Complete step-by-step solution:
We here have been given that two sides of the fixed length of the triangle are 4m and 5m. Let us assume the angle between these lines to be $\theta$. The triangle is shown below:

Now, we know that if ‘a’ and ‘b’ are the lengths of two sides of any triangle and the angle between those sides is $\alpha$, then the area of the triangle is given as:
$area=\dfrac{1}{2}ab\sin \alpha$
Here, we can see that:
a=5m
b=4m
$\alpha =\theta$
Thus, if we assume the area to be ‘A’, then the required area is given as:
$\begin{aligned} & A=\dfrac{1}{2}\left( 5 \right)\left( 4 \right)\sin \theta \\\ & \Rightarrow A=\dfrac{20}{2}\sin \theta \\\ & \Rightarrow A=10\sin \theta \\\ \end{aligned}$
Now, if we differentiate this area with respect to time, i.e. ‘t’, we will get the rate of change in area.
Thus, differentiating A w.r.t. t we get:
$\begin{aligned} & A=10\sin \theta \\\ & \Rightarrow \dfrac{dA}{dt}=10\cos \theta \dfrac{d\theta }{dt} \\\ \end{aligned}$
Now, here we have been given that $\dfrac{d\theta }{dt}=0.06radian/\sec$.
Thus, we get the rate of change of area as:
$\begin{aligned} & \dfrac{dA}{dt}=10\cos \theta \dfrac{d\theta }{dt} \\\ & \Rightarrow \dfrac{dA}{dt}=10\cos \theta \left( 0.06 \right) \\\ & \Rightarrow \dfrac{dA}{dt}=0.6\cos \theta \\\ \end{aligned}$
Now, here we have been asked to find the rate of change in area when $\theta =\dfrac{\pi }{3}$.
Thus, we get the required rate as:
$\begin{aligned} & \dfrac{dA}{dt}=0.6\cos \theta \\\ & \Rightarrow \dfrac{dA}{dt}=0.6\cos \dfrac{\pi }{3} \\\ & \Rightarrow \dfrac{dA}{dt}=0.6\left( \dfrac{1}{2} \right) \\\ & \therefore \dfrac{dA}{dt}=0.3{{m}^{2}}/\sec \\\ \end{aligned}$
Hence, the required rate of change in area is $0.3{{m}^{2}}/\sec$.

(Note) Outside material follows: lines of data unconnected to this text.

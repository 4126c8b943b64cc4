-- ===== src/Api/History/Order.antt =====
-- The rows of a trader's history in the order of the query (cmd/api/main.go).
use lumen_liquid_backend.Base.{
  ℕ, ◌≤◌, ◌<◌, ◌≡◌, refl, ap, true, false, some, List, [], ◌∷◌, ◌++◌, text_eq, ltb, keep, All,
  arith, lt→ltb,
}
use lumen_liquid_backend.Base.Time.{whole_second}
use lumen_liquid_backend.Api.History.{HistoryRow, older}

-- Newest first, with no two rows closed in the same second.
abbrev pub Descending : List HistoryRow → Type 0
Descending [] = Unit
Descending (r ∷ []) = Unit
Descending (r ∷ q ∷ rows) =
    (whole_second q.closed_at < whole_second r.closed_at) × Descending (q ∷ rows)

Descending-tail :
    (r : HistoryRow) (rows : List HistoryRow) → Descending (r ∷ rows) → Descending rows
Descending-tail r [] d = tt
Descending-tail r (q ∷ rows) d = d.1

-- Closed in an earlier second than the given time.
abbrev IsBelow : ℕ → HistoryRow → Type 0
IsBelow t r = whole_second r.closed_at < whole_second t

All-IsBelow_trans :
    (t u : ℕ) (rows : List HistoryRow)
    → whole_second t < whole_second u
    → All (IsBelow t) rows
    → All (IsBelow u) rows
All-IsBelow_trans t u [] h k = tt
All-IsBelow_trans t u (r ∷ rows) h k = (omega (arith, h, k.0), All-IsBelow_trans t u rows h k.1)

Descending-IsBelow :
    (r : HistoryRow) (rows : List HistoryRow)
    → Descending (r ∷ rows)
    → All (IsBelow r.closed_at) rows
Descending-IsBelow r [] d = tt
Descending-IsBelow r (q ∷ rows) d =
    (d.0, All-IsBelow_trans q.closed_at r.closed_at rows d.0 (Descending-IsBelow q rows d.1))

before_second : (a t : ℕ) → whole_second a < whole_second t → ltb a (whole_second t) ≡ true
before_second a t h = lt→ltb a (whole_second t) (omega arith)

not_before : (a t : ℕ) → whole_second t ≤ whole_second a → ltb a (whole_second t) ≡ false
not_before a t h = ground arith

keep_below :
    (t : ℕ) (rows : List HistoryRow)
    → All (IsBelow t) rows
    → keep (λ r. ltb r.closed_at (whole_second t)) rows ≡ rows
keep_below t [] h = refl
keep_below t (r ∷ rows) h =
    rw (before_second r.closed_at t h.0) (ap (λ rs. r ∷ rs) (keep_below t rows h.1))

middle-IsBelow :
    (t : ℕ) (xs : List HistoryRow) (r : HistoryRow) (ys : List HistoryRow)
    → All (IsBelow t) (xs ++ r ∷ ys)
    → IsBelow t r
middle-IsBelow t [] r ys h = h.0
middle-IsBelow t (x ∷ xs) r ys h = middle-IsBelow t xs r ys h.1

-- What stands after a row is exactly what is older than its second.
pub older_than_row :
    (xs : List HistoryRow) (r : HistoryRow) (ys : List HistoryRow)
    → Descending (xs ++ r ∷ ys)
    → older (some (whole_second r.closed_at)) (xs ++ r ∷ ys) ≡ ys
older_than_row [] r ys d =
    rw (not_before r.closed_at r.closed_at (omega arith))
      (keep_below r.closed_at ys (Descending-IsBelow r ys d))
older_than_row (x ∷ xs) r ys d =
    rw
      (not_before x.closed_at r.closed_at
        (omega (arith, middle-IsBelow x.closed_at xs r ys (Descending-IsBelow x (xs ++ r ∷ ys) d))))
      (older_than_row xs r ys (Descending-tail x (xs ++ r ∷ ys) d))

Note: We here have used the formula $area=\dfrac{1}{2}ab\sin \alpha$. This formula is derived as follows:
Let us assume a triangle ABC, with height AD.

Now, we can see from the figure that AB=c, BC=a, CA=b, and AD=h.
Now, we know that the area of any triangle is given as:
$area=\dfrac{1}{2}\times base\times height$
Here,
Base=a
Height=h
Thus, we have:
$area=\dfrac{1}{2}ah$
Now, if we consider $\Delta ADC$, we can see that:
$\dfrac{h}{b}=\sin C$
Thus, we get the area as:
$\begin{aligned} & area=\dfrac{1}{2}ah \\\ & \Rightarrow area=\dfrac{1}{2}a\left( b\sin C \right) \\\ & \Rightarrow area=\dfrac{1}{2}ab\sin C \\\ \end{aligned}$